Top of Records for processing
-- ===== src/Shortener/Safe.antt =====
-- internal/shortener/shortener.go: the URLs that `Shorten` returns and caches.
use thunder_go.Prelude.{
  ℕ, suc, ◌≡◌, refl, subst, ◌≢◌, ◌⊎◌, inl, inr, Bool, true, false, ◌||◌, Option, none, some, List,
  [], ◌∷◌, arith, length, All, ltb, ◌==◌, if◌then◌else◌, Bool-cases,
}
use thunder_go.Prelude.Assoc
use thunder_go.Prelude.Dict.{lookup, remove}
use thunder_go.Prelude.Text.{Text, text_eq, is_empty, has_prefix, to_lower}
use thunder_go.Prelude.Text.Laws.{text_eq_iff}
use thunder_go.Shortener.{
  LruCache, Shortener, Web, get, get_found, put, put_found, to_front, drop_back, insecure, secure,
  host_matches, norm_host, checked, from_response, parse_shortener_body, call_api, fresh, cached,
  shorten,
}

module _ {κ} (P : Text → Text → Type κ) where
  abbrev Good : List (Text × Text) → Type κ
  Good = All (λ e. P e.0 e.1)

  remove-Good : (k : Text) (m : List (Text × Text)) → Good m → Good (remove k m)
  unfolding Assoc.remove
  remove-Good k [] h = h
  remove-Good k ((j, v) ∷ m) h = elim (Bool-cases (text_eq j k)) [
    | inl e ↦ rw e (remove-Good k m h.1)
    | inr e ↦ rw e (h.0, remove-Good k m h.1)
  ]

  lookup-Good : (k v : Text) (m : List (Text × Text)) → Good m → lookup k m ≡ some v → P k v
  unfolding Assoc.lookup
  lookup-Good k v [] h e = absurd (ground arith)
  lookup-Good k v ((j, x) ∷ m) h e = elim (Bool-cases (text_eq j k)) [
    | inl t ↦
        let same : x ≡ v = ground (arith, t) in
        subst (λ z. P k z) same (subst (λ z. P z x) ((text_eq_iff j k).0 t) h.0)
    | inr t ↦ lookup-Good k v m h.1 (rw t at e)
  ]

  drop_back-Good : (m : List (Text × Text)) → Good m → Good (drop_back m)
  unfolding drop_back
  drop_back-Good [] h = h
  drop_back-Good (x ∷ []) h = tt
  drop_back-Good (x ∷ y ∷ m) h = (h.0, drop_back-Good (y ∷ m) h.1)

  put-Good : (k v : Text) (c : LruCache) → P k v → Good c.order → Good (put k v c).order
  unfolding put put_found to_front
  put-Good k v c p h = go (lookup k c.order)
    where
      go : (o : Option Text) → Good (put_found k v c o).order
      go (some old) = (p, remove-Good k c.order h)
      go none = elim (Bool-cases (ltb c.cap (suc (length c.order)))) [
        | inl e ↦ rw e (drop_back-Good ((k, v) ∷ c.order) (p, h))
        | inr e ↦ rw e (p, h)
      ]

module _ (w : Web) where
  -- Two URLs that can be parsed and have the same host, which is not empty, up to letter case.
  abbrev pub OnHost : Text → Text → Type 0
  OnHost short site =
      (w.parses short ≡ true)
      × ((w.parses site ≡ true)
          × ((w.hostname short ≢ []) × (to_lower (w.hostname short) ≡ to_lower (w.hostname site))))

  host_of :
      (b : Bool) (h : Text)
      → is_empty (if b then to_lower h else []) ≡ false
      → (b ≡ true) × (h ≢ [])
  unfolding is_empty to_lower
  host_of true [] p = cc
  host_of true (c ∷ h) p = (refl, λ e. cc e)
  host_of false h p = cc

  host_matches-OnHost : (short site : Text) → host_matches w short site ≡ true → OnHost short site
  unfolding host_matches norm_host
  host_matches-OnHost short site h =
      let own = if w.parses short then to_lower (w.hostname short) else [] in
      let other = if w.parses site then to_lower (w.hostname site) else [] in
      let full : is_empty own ≡ false = ground arith in
      let same : own ≡ other = (text_eq_iff own other).0 (ground arith) in
      let a = host_of (w.parses short) (w.hostname short) full in
      let b =
        host_of (w.parses site) (w.hostname site) (subst (λ t. is_empty t ≡ false) same full) in
      (a.0, (b.0, (a.1, rw (a.0, b.0) at same)))

  -- The URL itself, or an HTTP URL on the host of the site.
  abbrev pub IsSafe : Text → Text → Text → Type 0
  IsSafe site long_url short =
      (short ≡ long_url)
      ⊎ (((has_prefix short insecure || has_prefix short secure) ≡ true) × OnHost short site)

  checked-IsSafe :
      (site long_url short : Text) → IsSafe site long_url (checked w site long_url short)
  unfolding checked
  checked-IsSafe site long_url short = elim (Bool-cases (host_matches w short site)) [
    | inl e ↦ ground (arith, host_matches-OnHost short site e)
    | inr e ↦ ground arith
  ]

  call_api-IsSafe :
      (s : Shortener) (long_url : Text) → IsSafe s.site long_url (call_api w s long_url)
  unfolding call_api from_response
  call_api-IsSafe s long_url = go (w.fetch _ _)
    where
      go :
          (o : Option (ℕ × Option Text))
          → IsSafe s.site long_url (from_response w s.site long_url o)
      go none = inl refl
      go (some (status, none)) = inl refl
      go (some (status, some body)) = elim (Bool-cases (status == 200)) [
        | inl e ↦ rw e (checked-IsSafe s.site long_url (parse_shortener_body w body))
        | inr e ↦ rw e (inl refl)
      ]

  -- What the cache holds for each URL is safe for it.
  abbrev pub HoldsSafe : Shortener → Type 0
  HoldsSafe s = Good (IsSafe s.site) s.cache.order

  fresh-Safe :
      (s : Shortener) (long_url short : Text)
      → HoldsSafe s
      → IsSafe s.site long_url short
      → IsSafe s.site long_url (fresh w s long_url short).0 × HoldsSafe (fresh w s long_url short).1
  unfolding fresh
  fresh-Safe s long_url short h p = elim (Bool-cases (is_empty short || text_eq short long_url)) [
    | inl e ↦ rw e (inl refl, h)
    | inr e ↦ rw e (p, put-Good (IsSafe s.site) long_url short s.cache p h)
  ]

  -- The outcome is safe, and so is the cache after it.
  abbrev pub Fine : Shortener → Text → Text × Shortener → Type 0
  Fine s long_url r = IsSafe s.site long_url r.0 × HoldsSafe r.1

  after_get :
      (s : Shortener) (long_url : Text) (o : Option Text)
      → lookup long_url s.cache.order ≡ o
      → HoldsSafe s
      → Fine s long_url (cached w s long_url (get_found long_url s.cache o))
  unfolding cached get_found to_front
  after_get s long_url none e h =
      fresh-Safe s long_url (call_api w s long_url) h (call_api-IsSafe s long_url)
  after_get s long_url (some short) e h =
      let p = lookup-Good (IsSafe s.site) long_url short s.cache.order h e in
      (p, (p, remove-Good (IsSafe s.site) long_url s.cache.order h))

  -- `Shorten` returns the long URL, or an HTTP URL that can be parsed and whose host, which is not
  -- empty, is that of the configured site up to letter case, whatever the shortening service
  -- answers, if that is so of what is in the cache; and it is so of the cache after the call.
  pub shorten-IsSafe :
      (s : Shortener) (long_url : Text) → HoldsSafe s → Fine s long_url (shorten w s long_url)
  unfolding shorten get
  shorten-IsSafe s long_url h = elim (Bool-cases (is_empty long_url)) [
    | inl e ↦ rw e (inl refl, h)
    | inr e ↦ rw e (after_get s long_url (lookup long_url s.cache.order) refl h)
  ]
Bottom of Records for processing
> Exercise: Copy out all lines above holding "hostname".

> Answer to this exercise:
          × ((w.hostname short ≢ []) × (to_lower (w.hostname short) ≡ to_lower (w.hostname site))))
      let own = if w.parses short then to_lower (w.hostname short) else [] in
      let other = if w.parses site then to_lower (w.hostname site) else [] in
      let a = host_of (w.parses short) (w.hostname short) full in
        host_of (w.parses site) (w.hostname site) (subst (λ t. is_empty t ≡ false) same full) in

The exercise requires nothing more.